Speaking to delegates gathered from around the world at a recent session of the Salzburg Global Seminar on Combating Climate Change at Local and Regional Levels: Sustainable Strategies, Renewable Energy, Kabat pointed out that 80 percent of the Netherlands’ economic produce was from areas below sea level.

“But we have stopped seeing climate change as a threat,” Kabat said. “We now see it as an opportunity.”

Illustrating the limits of technological fixes to rising sea levels from the sea barrier at Rotterdam harbour, which had been built to cater to a once-in-a-century flood, Kabat said: “We have calculated that if the sea level rise is just half a metre, which will definitely happen, the main barrier at Rotterdam harbour will have to close about 50 times a year.

“You can imagine what that means to the economy of a harbour that has 27 ships coming and going every hour. So this technological fix will not do.

“The same goes for raising our dikes. Already, there are parts of our country six metres below sea level. We cannot keep raising our dikes higher. And if there’s a breach in a dike, it will affect the region responsible for 80 percent of our economic produce.”

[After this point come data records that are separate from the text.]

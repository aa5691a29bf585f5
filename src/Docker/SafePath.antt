-- ===== src/Docker/SafePath.antt =====
-- DockerSandbox._safe_path of henry/sandbox/docker.py.
pub mod Inside
use henry.Prelude.{Bool, not, ◌&&◌, ◌||◌, ◌++◌, if◌then◌else◌}
use henry.Text.{Text, codes, ◌===◌, starts_with, has_char}
use henry.Result.{Result, ok, path_error, ◌>>=◌, ◌>>◌, raise_if}
use henry.PosixPath.{normpath, join_path, root, dot}

-- A path is taken from the workspace, unless it starts with a slash.
raw_path : Text → Text → Text
raw_path workdir path = if starts_with root path then path else join_path workdir path

check_inside : Text → Text → Text → Result Text
check_inside workdir path normalized = do
  raise_if (normalized === dot || normalized === root)
      (path_error (codes "path must stay inside the sandbox workspace"))
  raise_if (not (normalized === workdir) && not (starts_with (workdir ++ root) normalized))
      (path_error (codes "path escapes sandbox workspace: " ++ path))
  ok normalized

unfoldable pub safe_path : Text → Text → Result Text
unfolding raw_path check_inside
safe_path policy_workdir path = do
  raise_if (has_char 0 path) (path_error (codes "paths may not contain NUL bytes"))
  let workdir = normpath policy_workdir
  check_inside workdir path (normpath (raw_path workdir path))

Kabat illustrated what the Dutch planners plan to do instead. “Take the case of the Rhine, which flows through the Netherlands. Its level will also rise. We can keep raising the dikes on both sides. But how long can we do that?

“So instead, what we plan to do is to break the dikes on one side. Let the extra water flow there. And we’ll change the land use pattern on that side so that people on whose land the water will then flow can start commercial fishing or a similar activity.”

It’s a very new philosophy,” as Kabat pointed out. “It is the difference between hard infrastructure (as now) and allowing the water to rise and accommodating it as a part of your development.”

“Let us not try to keep the water from coming,” Kabat said. “Let it come, when it does. Let us adapt to it. That is the basic idea.”

How will the Dutch protect the actual coast?

Again, they plan to use local material. The North Sea bed has a huge reservoir of sand – and the Dutch are planning to dredge that up and create artificial islands in a line parallel to the coast to break sea surges.